[[ Records provided, beginning ]]

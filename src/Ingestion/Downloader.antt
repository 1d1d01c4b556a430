-- ===== src/Ingestion/Downloader.antt =====
-- backend/app/ingestion/downloader.py. A request is numbered by its attempt; the pauses between
-- requests are left out. What `fetch` writes is the raw file of the row; the write is taken to
-- succeed.
pub mod Settled
use production_rag_system.Prelude.{
  ℕ, zero, suc, ◌+◌, ◌-◌, String, Bool, true, false, ◌||◌, List, [], ◌∷◌, Option, none, some,
  lookup, insert, contains, take, drop, leb, str_eq, if◌then◌else◌, decimal, concat,
}
use production_rag_system.Core.Result.{Result, ok, err}
use production_rag_system.Core.Settings.{Settings}
use production_rag_system.Ingestion.Schemas.{
  downloaded, failed, SourceRow, RawPath, DownloadOutcome, Corpus, IngestError, raised,
}
use production_rag_system.Ingestion.Bytes.{
  starts_with, find_bytes, contains_bytes, lstrip_bytes, lower_bytes, pdf_magic, zip_magic,
  ole2_magic, html_tag, doctype_html,
}

-- What a request raises: a timeout or a failure of the transport, or another exception.
pub data HttpError : Type 0 where
  transient other_http : String → HttpError

pub record Response : Type 0 where
  pub status_code : ℕ
  pub content : List ℕ

unfoldable pub sniff_content_type : List ℕ → String → Bool
sniff_content_type raw declared =
    let head = take 16 raw in
    let sample = lower_bytes (lstrip_bytes (take 1024 raw)) in
    if str_eq declared "pdf"
    then starts_with pdf_magic head
    else (if contains ("docx" ∷ "pptx" ∷ "xlsx" ∷ []) declared
        then starts_with zip_magic head || starts_with ole2_magic head
        else (if str_eq declared "html"
            then starts_with doctype_html sample
              || (starts_with html_tag sample || contains_bytes html_tag sample)
            else true))

abbrev pub name_of : RawPath → String
name_of path = concat (path.stem ∷ path.suffix ∷ [])

-- `settings.RAW_DIR / f"{row.doc_id}.{row.file_type}"`
abbrev pub raw_path : SourceRow → RawPath
raw_path row = record { stem = row.doc_id; suffix = concat ("." ∷ row.file_type ∷ []) }

-- A PDF starts at its marker, where there is one early on.
abbrev pub from_marker : SourceRow → List ℕ → List ℕ
from_marker row raw = elim (find_bytes pdf_magic (take 2048 raw)) [
  | none ↦ raw
  | some offset ↦ if str_eq row.file_type "pdf" then drop offset raw else raw
]

abbrev pub not_fetched : String → DownloadOutcome
not_fetched note = record {
  status = failed;
  path = none;
  sha256 = none;
  skipped_dedupe = false;
  note = some note;
}

abbrev pub on_disk : (List ℕ → String) → Option (List ℕ) → String → Bool
on_disk sha256 none digest = false
on_disk sha256 (some content) digest = str_eq (sha256 content) digest

module _ {F : Type 0} (settings : Settings F) (sha256 : List ℕ → String) where
  abbrev pub answered : SourceRow → Result HttpError Response → Result HttpError Response
  unfolding decimal
  answered row (err e) = err e
  answered row (ok response) =
      let message = concat (decimal response.status_code ∷ " from " ∷ row.url ∷ []) in
      if leb 500 response.status_code then err (transient message) else ok response

  -- With this many attempts left after this one.
  abbrev pub get_retrying :
      SourceRow → (ℕ → Result HttpError Response) → ℕ → ℕ → Result HttpError Response
  unfolding decimal
  get_retrying row get zero attempt = answered row (get attempt)
  get_retrying row get (suc left) attempt = elim (answered row (get attempt)) [
    | ok response ↦ ok response
    | err (other_http message) ↦ err (other_http message)
    | err (transient message) ↦ get_retrying row get left (attempt + 1)
  ]

  abbrev pub stored : SourceRow → List ℕ → Corpus → DownloadOutcome × Corpus
  stored row raw st =
      let path = raw_path row in
      let digest = sha256 raw in
      let same = on_disk sha256 (lookup (name_of path) st.raw_files) digest in
      (
        record {
          status = downloaded;
          path = some path;
          sha256 = some digest;
          skipped_dedupe = same;
          note = none;
        },
        if same then st else record st { raw_files = insert (name_of path) raw st.raw_files },
      )

  unfoldable pub received : SourceRow → Response → Corpus → DownloadOutcome × Corpus
  unfolding decimal sniff_content_type
  received row response st =
      let raw = from_marker row response.content in
      if leb 400 response.status_code
      then (not_fetched (concat ("dead URL: HTTP " ∷ decimal response.status_code ∷ [])), st)
      else (if sniff_content_type raw row.file_type then stored row raw st else (
        not_fetched
            (concat ("content-type mismatch: declared file_type='" ∷ row.file_type ∷ "'" ∷ [])),
        st,
      ))

  unfoldable pub after_request :
      SourceRow → Corpus → Result HttpError Response → Result IngestError DownloadOutcome × Corpus
  unfolding received
  after_request row st (err (other_http message)) = (err (raised message), st)
  after_request row st (err (transient message)) =
      (ok (not_fetched (concat ("dead URL after retries: " ∷ message ∷ []))), st)
  after_request row st (ok response) =
      (ok (received row response st).0, (received row response st).1)

  unfoldable pub fetch :
      SourceRow
      → (ℕ → Result HttpError Response)
      → Corpus
      → Result IngestError DownloadOutcome × Corpus
  unfolding decimal after_request
  fetch row get st = after_request row st (get_retrying row get (settings.ingest_max_retries - 1) 1)
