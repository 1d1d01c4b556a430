-- ===== src/Ingestion/Legacy.antt =====
-- backend/app/ingestion/loaders/legacy.py: old Office files, which another program converts.
use production_rag_system.Prelude.{
  ℕ, String, Bool, List, [], ◌∷◌, Option, none, some, Dict, lookup, insert, take, concat,
}
use production_rag_system.Core.Result.{Result, ok, err}
use production_rag_system.Ingestion.Schemas.{RawPath, Corpus}
use production_rag_system.Ingestion.Bytes.{starts_with, ole2_magic}
use production_rag_system.Ingestion.Downloader.{name_of}

abbrev pub legacy_target : Dict String
legacy_target = (".doc", "docx") ∷ (".ppt", "pptx") ∷ []

-- What a conversion raises: a LegacyConversionError, or what subprocess.run raises where the program
-- cannot be started.
pub data ConversionError : Type 0 where
  unsupported : String → ConversionError
  not_started : String → ConversionError

-- What a run of libreoffice comes to: an exception of one that was not started, the code and the
-- output of one that failed, or the file that it wrote, if it did.
pub data Conversion : Type 0 where
  no_program : String → Conversion
  exited : String → String → Conversion
  done_with : Option (List ℕ) → Conversion

unfoldable pub is_legacy_office_binary : List ℕ → Bool
is_legacy_office_binary content = starts_with ole2_magic (take 8 content)

abbrev pub write_converted : RawPath → Option (List ℕ) → Dict (List ℕ) → Dict (List ℕ)
write_converted path none files = files
write_converted path (some content) files = insert (name_of path) content files

abbrev pub at_path :
    RawPath → String → Corpus → Option (List ℕ) → Result ConversionError (RawPath × String) × Corpus
at_path path target_ext st none = (
  err (
      unsupported
        (concat ("libreoffice reported success but " ∷ name_of path ∷ " was not created" ∷ []))),
  st,
)
at_path path target_ext st (some found) = (ok (path, target_ext), st)

abbrev pub after_conversion_run :
    String → RawPath → Corpus → Conversion → Result ConversionError (RawPath × String) × Corpus
after_conversion_run target_ext path st (no_program message) = (err (not_started message), st)
after_conversion_run target_ext path st (exited code stderr) =
    (err (unsupported (concat ("libreoffice --headless exited " ∷ code ∷ ": " ∷ stderr ∷ []))), st)
after_conversion_run target_ext path st (done_with content) =
    let converted_path : RawPath = record {
      stem = path.stem;
      suffix = concat ("." ∷ target_ext ∷ []);
    } in
    let files = write_converted converted_path content st.raw_files in
    at_path converted_path target_ext (record st { raw_files = files })
      (lookup (name_of converted_path) files)

-- `libreoffice` is the program.
abbrev pub convert_to :
    (RawPath → String → Conversion)
    → RawPath
    → Corpus
    → String
    → Option String
    → Result ConversionError (RawPath × String) × Corpus
convert_to libreoffice path st suffix none = (
  err (unsupported (concat ("no legacy conversion target for suffix '" ∷ suffix ∷ "'" ∷ []))),
  st,
)
convert_to libreoffice path st suffix (some target_ext) =
    after_conversion_run target_ext path st (libreoffice path target_ext)

-- `lower` is `str.lower`.
unfoldable pub convert_legacy :
    (String → String)
    → (RawPath → String → Conversion)
    → RawPath
    → Corpus
    → Result ConversionError (RawPath × String) × Corpus
convert_legacy lower libreoffice path st =
    convert_to libreoffice path st (lower path.suffix) (lookup (lower path.suffix) legacy_target)
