-- ===== src/Ingestion/Status.antt =====
-- backend/app/ingestion/status.py: the drift guard, the transitions of a row of `documents`, and the
-- report of a run without its time.
use production_rag_system.Prelude.{
  ℕ, String, Bool, not, ◌&&◌, [], ◌∷◌, Option, none, some, Dict, lookup, insert, str_eq,
  if◌then◌else◌, concat,
}
use production_rag_system.Prelude.Text.{take_chars}
use production_rag_system.Core.Result.{Result, ok, err}
use production_rag_system.Ingestion.Schemas.{
  DocStatus, SourceRow, DocumentRow, IngestError, no_documents_row,
}

-- The text of VersionDriftError.
abbrev pub drift_message : SourceRow → String → String → String
unfolding take_chars
drift_message row old_sha256 new_sha256 = concat (
    row.doc_id
    ∷ ": content changed (sha256 "
    ∷ take_chars 12 old_sha256
    ∷ "... -> "
    ∷ take_chars 12 new_sha256
    ∷ "...) but version_label ('"
    ∷ row.version_label
    ∷ "') was not bumped"
    ∷ [])

abbrev pub drift_from : SourceRow → String → String → Option String → Option String
unfolding take_chars
drift_from row new_sha256 version_label none = none
drift_from row new_sha256 version_label (some old_sha256) =
    if not (str_eq old_sha256 new_sha256) && str_eq version_label row.version_label
    then some (drift_message row old_sha256 new_sha256)
    else none

abbrev pub drift_of : SourceRow → String → Option DocumentRow → Option String
unfolding take_chars
drift_of row new_sha256 none = none
drift_of row new_sha256 (some existing) =
    drift_from row new_sha256 existing.version_label existing.sha256

-- The error that is raised, if any.
unfoldable pub check_version_drift : Dict DocumentRow → SourceRow → String → Option String
unfolding take_chars
check_version_drift documents row new_sha256 = drift_of row new_sha256 (lookup row.doc_id documents)

-- The keyword arguments: none where one is left out.
pub record Changes : Type 0 where
  pub note : Option (Option String)
  pub sha256 : Option String
  pub downloaded_at : Option ℕ
  pub page_count : Option (Option ℕ)
  pub is_scanned : Option Bool

abbrev pub no_changes : Changes
no_changes = record {
  note = none;
  sha256 = none;
  downloaded_at = none;
  page_count = none;
  is_scanned = none;
}

abbrev pub given_or {ℓ} : {A : Type ℓ} → Option A → A → A
given_or none old = old
given_or (some new) old = new

abbrev pub some_or {ℓ} : {A : Type ℓ} → Option A → Option A → Option A
some_or none old = old
some_or (some new) old = some new

abbrev pub changed : DocStatus → Changes → DocumentRow → DocumentRow
changed status changes doc = record doc {
  status = status;
  note = given_or changes.note doc.note;
  sha256 = some_or changes.sha256 doc.sha256;
  downloaded_at = some_or changes.downloaded_at doc.downloaded_at;
  page_count = given_or changes.page_count doc.page_count;
  is_scanned = given_or changes.is_scanned doc.is_scanned;
}

abbrev pub set_found :
    String
    → DocStatus
    → Changes
    → Dict DocumentRow
    → Option DocumentRow
    → Result IngestError (Dict DocumentRow)
set_found doc_id status changes documents none = err (no_documents_row doc_id)
set_found doc_id status changes documents (some doc) =
    ok (insert doc_id (changed status changes doc) documents)

unfoldable pub set_status :
    String → DocStatus → Changes → Dict DocumentRow → Result IngestError (Dict DocumentRow)
set_status doc_id status changes documents =
    set_found doc_id status changes documents (lookup doc_id documents)
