-- ===== src/Ingestion/Run.antt =====
-- backend/app/ingestion/run.py and to_json_line of backend/app/ingestion/serialize.py, with
-- select_loader of backend/app/ingestion/routing.py. The three loaders, which call parsers, and
-- what may fail at the writing of a file are fields of Tools.
pub mod Quiet
pub mod Underway
pub mod Isolated
pub mod Drift
pub mod Converted
use production_rag_system.Prelude.{
  ℕ, ◌+◌, ◌-◌, String, Bool, true, false, not, ◌&&◌, ◌||◌, List, [], ◌∷◌, ◌++◌, map, Option, none,
  some, Dict, lookup, insert, contains, anyb, filterb, length, str_eq, ◌==◌, if◌then◌else◌, decimal,
  Floats, concat,
}
use production_rag_system.Prelude.Text.{Unicode, is_empty, take_chars}
use production_rag_system.Core.Result.{Result, ok, err}
use production_rag_system.Core.Settings.{Settings}
use production_rag_system.Ingestion.Schemas.{
  DocStatus, registered, downloaded, extracted, indexed, failed, SourceRow, RawPath,
  DownloadOutcome, IngestResult, DocumentRow, Block, JsonLine, Corpus, IngestError, raised,
}
use production_rag_system.Ingestion.Bytes.{starts_with}
use production_rag_system.Ingestion.Cleaning.{add_page, clean}
use production_rag_system.Ingestion.Registry.{load_sources, upsert_documents}
use production_rag_system.Ingestion.Downloader.{
  HttpError, Response, name_of, not_fetched, fetch, sniff_content_type,
}
use production_rag_system.Ingestion.Legacy.{
  Conversion, ConversionError, unsupported, not_started, is_legacy_office_binary, convert_legacy,
}
use production_rag_system.Ingestion.Status.{
  Changes, no_changes, check_version_drift, drift_message, set_status,
}

-- A loader returns the blocks of a file with a document's id, or raises.
abbrev pub Loader : Type 0
Loader = List ℕ → String → Result String (List Block)

pub record Tools : Type 0 where
  pub sha256 : List ℕ → String
  pub lower : String → String
  pub get : SourceRow → ℕ → Result HttpError Response
  pub libreoffice : RawPath → String → Conversion
  pub load_pdf : Loader
  pub load_html : Loader
  pub load_office : String → Loader
  pub unicode : Unicode
  -- `unicodedata.normalize("NFC", text)`
  pub nfc : String → String
  pub write_failure : String → Option String
  pub now : ℕ

-- `"dead URL" in note`, of a note that the downloader wrote.
abbrev pub prefix_of : String → String → Bool
prefix_of String.[] s = true
prefix_of (String.◌∷◌ c p) String.[] = false
prefix_of (String.◌∷◌ c p) (String.◌∷◌ d s) =
    str_eq (String.◌∷◌ c String.[]) (String.◌∷◌ d String.[]) && prefix_of p s

abbrev pub occurs_in : String → String → Bool
occurs_in needle String.[] = is_empty needle
occurs_in needle (String.◌∷◌ c s) = prefix_of needle (String.◌∷◌ c s) || occurs_in needle s

abbrev pub tells_dead_url : Option String → Bool
tells_dead_url none = false
tells_dead_url (some note) = occurs_in "dead URL" note

abbrev pub select_loader : Tools → String → Result String Loader
select_loader tools file_type =
    if str_eq file_type "pdf"
    then ok tools.load_pdf
    else (if str_eq file_type "html"
        then ok tools.load_html
        else (if contains ("docx" ∷ "pptx" ∷ "xlsx" ∷ []) file_type
            then ok (tools.load_office file_type)
            else err (concat ("no loader registered for file_type='" ∷ file_type ∷ "'" ∷ []))))

abbrev pub loaded : Result String Loader → List ℕ → String → Result String (List Block)
loaded (err message) content doc_id = err message
loaded (ok loader) content doc_id = loader content doc_id

unfoldable pub to_json_line : String → Block → JsonLine
to_json_line doc_id b = record {
  page_content = b.page_content;
  doc_id = doc_id;
  page_start = b.page_start;
  page_end = b.page_end;
  anchor = b.anchor;
  section_heading = b.section_heading;
}

abbrev pub has : {A : Type 0} → Option A → Bool
has none = false
has (some a) = true

-- The distinct page numbers.
abbrev pub pages_of : List Block → List ℕ
pages_of [] = []
pages_of (b ∷ bs) = add_page b.page_start (pages_of bs)

abbrev pub page_count_of : List Block → Option ℕ
page_count_of blocks = elim (pages_of blocks) [ [] ↦ none | p ∷ ps ↦ some (length (p ∷ ps)) ]

-- What a run of one document returns or raises, and what it leaves.
abbrev pub Ingested : Type 0
Ingested = Result IngestError IngestResult × Corpus

abbrev pub result_of : SourceRow → DocStatus → Option String → IngestResult
result_of row status note = record {
  doc_id = row.doc_id;
  file_type = row.file_type;
  status = status;
  is_scanned = false;
  page_count = none;
  block_count = 0;
  blocks_with_page_or_anchor = 0;
  version_drift = false;
  html_links_only_pdf = false;
  dead_url = false;
  note = note;
}

-- `await set_status(…)`, and then the rest.
abbrev pub resume : Corpus → (Corpus → Ingested) → Result IngestError (Dict DocumentRow) → Ingested
resume st next (err e) = (err e, st)
resume st next (ok documents) = next (record st { documents = documents })

unfoldable pub after_status : String → DocStatus → Changes → Corpus → (Corpus → Ingested) → Ingested
unfolding set_status
after_status doc_id status changes st next =
    resume st next (set_status doc_id status changes st.documents)

unfoldable pub fail_with : SourceRow → IngestResult → Option String → Corpus → Ingested
unfolding after_status
fail_with row result note st =
    after_status row.doc_id failed (record no_changes { note = some note }) st
      (λ s. (ok (record result { status = failed; note = note }), s))

-- A document that failed with this note.
abbrev pub fail : SourceRow → String → Corpus → Ingested
fail row note st = fail_with row (result_of row failed none) (some note) st

abbrev pub is_failed : DocStatus → Bool
is_failed failed = true
is_failed _ = false

abbrev pub is_extracted : DocStatus → Bool
is_extracted extracted = true
is_extracted _ = false

abbrev pub already_extracted : Option DocumentRow → Bool
already_extracted none = false
already_extracted (some d) = is_extracted d.status

-- A file that is gone raises as any failure of the loader does.
abbrev pub content_at : RawPath → Corpus → Option (List ℕ)
content_at path st = lookup (name_of path) st.raw_files

abbrev pub is_office : SourceRow → Bool
is_office row = contains ("docx" ∷ "pptx" ∷ []) row.file_type

module _ {F : Type 0} ⦃fl : Floats F⦄ (tools : Tools) (settings : Settings F) where
  abbrev pub extracted_result : SourceRow → String → List Block → IngestResult
  extracted_result row file_type blocks =
      let cleaned = clean tools.unicode tools.nfc settings blocks in
      record (result_of row extracted none) {
        file_type = file_type;
        is_scanned = anyb (λ b. b.is_scanned) blocks;
        page_count = page_count_of cleaned;
        block_count = length cleaned;
        blocks_with_page_or_anchor =
            length (filterb (λ b. has b.page_start || has b.anchor) cleaned);
        html_links_only_pdf = anyb (λ b. b.html_links_only_pdf) blocks;
      }

  abbrev pub with_lines : SourceRow → List Block → Corpus → Corpus
  unfolding to_json_line
  with_lines row blocks st = record st {
    extracted_files =
        let cleaned = clean tools.unicode tools.nfc settings blocks in
        insert row.doc_id (map (to_json_line row.doc_id) cleaned) st.extracted_files;
  }

  -- The file is written, which may raise, and then the row.
  unfoldable pub finish_extraction :
      SourceRow → String → List Block → Corpus → Option String → Ingested
  unfolding after_status to_json_line
  finish_extraction row file_type blocks st (some message) = (err (raised message), st)
  finish_extraction row file_type blocks st none =
      let result = extracted_result row file_type blocks in
      after_status row.doc_id extracted
        (record no_changes {
          page_count = some result.page_count;
          is_scanned = some result.is_scanned;
        })
        (with_lines row blocks st) (λ s. (ok result, s))

  unfoldable pub extract_blocks :
      SourceRow → String → Corpus → Result String (List Block) → Ingested
  unfolding finish_extraction fail_with
  extract_blocks row file_type st (err message) =
      fail row (concat ("extraction failed: " ∷ message ∷ [])) st
  extract_blocks row file_type st (ok blocks) =
      finish_extraction row file_type blocks st (tools.write_failure row.doc_id)

  unfoldable pub extract : SourceRow → String → Corpus → Option (List ℕ) → Ingested
  unfolding extract_blocks fail_with
  extract row file_type st none = fail row "extraction failed: no such file" st
  extract row file_type st (some content) =
      extract_blocks row file_type st (loaded (select_loader tools file_type) content row.doc_id)

  unfoldable pub after_conversion :
      SourceRow → Result ConversionError (RawPath × String) × Corpus → Ingested
  unfolding extract fail_with
  after_conversion row (err (unsupported message), st) =
      fail row (concat ("unsupported legacy format: " ∷ message ∷ [])) st
  after_conversion row (err (not_started message), st) = (err (raised message), st)
  after_conversion row (ok (path, file_type), st) = extract row file_type st (content_at path st)

  -- The old Office formats go another way.
  unfoldable pub reroute : SourceRow → RawPath → Corpus → Option (List ℕ) → Ingested
  unfolding after_conversion extract convert_legacy is_legacy_office_binary
  reroute row path st none =
      if is_office row then (err (raised "no such file"), st) else extract row row.file_type st none
  reroute row path st (some content) =
      if is_office row && is_legacy_office_binary content
      then after_conversion row (convert_legacy tools.lower tools.libreoffice path st)
      else extract row row.file_type st (some content)

  unfoldable pub after_drift_check :
      SourceRow → RawPath → String → Corpus → Option String → Ingested
  unfolding reroute after_status fail_with
  after_drift_check row path digest st (some message) =
      fail_with row (record (result_of row failed none) { version_drift = true }) (some message) st
  after_drift_check row path digest st none =
      after_status row.doc_id downloaded
        (record no_changes { sha256 = some digest; downloaded_at = some tools.now }) st
        (λ s. reroute row path s (content_at path s))

  unfoldable pub after_download : SourceRow → Corpus → Option RawPath → Option String → Ingested
  unfolding after_drift_check check_version_drift fail_with
  after_download row st (some path) (some digest) =
      after_drift_check row path digest st (check_version_drift st.documents row digest)
  after_download row st _ _ = fail row "download reported success but produced no file" st

  unfoldable pub after_fetch : SourceRow → Result IngestError DownloadOutcome → Corpus → Ingested
  unfolding after_download fail_with
  after_fetch row (err e) st = (err e, st)
  after_fetch row (ok outcome) st =
      if is_failed outcome.status
      then fail_with row
          (record (result_of row failed none) { dead_url = tells_dead_url outcome.note })
          outcome.note st
      else after_download row st outcome.path outcome.sha256

  unfoldable pub ingest_one : SourceRow → Bool → Corpus → Ingested
  unfolding after_fetch fetch
  ingest_one row force st =
      let fetched = fetch settings tools.sha256 row (tools.get row) st in
      let note : String = "skipped: already extracted (use --force to re-check upstream)" in
      if not force && already_extracted (lookup row.doc_id st.documents)
      then (ok (result_of row extracted (some note)), st)
      else after_fetch row fetched.0 fetched.1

[[ Records provided, end ]]

Task statement » Both end lines included, restate word for word the lines above from the line with "unfoldable pub is_legacy_office_binary" to the line with "convert_legacy lower libreoffice", and nothing else.

Your response »
unfoldable pub is_legacy_office_binary : List ℕ → Bool
is_legacy_office_binary content = starts_with ole2_magic (take 8 content)

abbrev pub write_converted : RawPath → Option (List ℕ) → Dict (List ℕ) → Dict (List ℕ)
write_converted path none files = files
write_converted path (some content) files = insert (name_of path) content files

abbrev pub at_path :
    RawPath → String → Corpus → Option (List ℕ) → Result ConversionError (RawPath × String) × Corpus
at_path path target_ext st none = (
  err (
      unsupported
        (concat ("libreoffice reported success but " ∷ name_of path ∷ " was not created" ∷ []))),
  st,
)
at_path path target_ext st (some found) = (ok (path, target_ext), st)

abbrev pub after_conversion_run :
    String → RawPath → Corpus → Conversion → Result ConversionError (RawPath × String) × Corpus
after_conversion_run target_ext path st (no_program message) = (err (not_started message), st)
after_conversion_run target_ext path st (exited code stderr) =
    (err (unsupported (concat ("libreoffice --headless exited " ∷ code ∷ ": " ∷ stderr ∷ []))), st)
after_conversion_run target_ext path st (done_with content) =
    let converted_path : RawPath = record {
      stem = path.stem;
      suffix = concat ("." ∷ target_ext ∷ []);
    } in
    let files = write_converted converted_path content st.raw_files in
    at_path converted_path target_ext (record st { raw_files = files })
      (lookup (name_of converted_path) files)

-- `libreoffice` is the program.
abbrev pub convert_to :
    (RawPath → String → Conversion)
    → RawPath
    → Corpus
    → String
    → Option String
    → Result ConversionError (RawPath × String) × Corpus
convert_to libreoffice path st suffix none = (
  err (unsupported (concat ("no legacy conversion target for suffix '" ∷ suffix ∷ "'" ∷ []))),
  st,
)
convert_to libreoffice path st suffix (some target_ext) =
    after_conversion_run target_ext path st (libreoffice path target_ext)

-- `lower` is `str.lower`.
unfoldable pub convert_legacy :
    (String → String)
    → (RawPath → String → Conversion)
    → RawPath
    → Corpus
    → Result ConversionError (RawPath × String) × Corpus
convert_legacy lower libreoffice path st =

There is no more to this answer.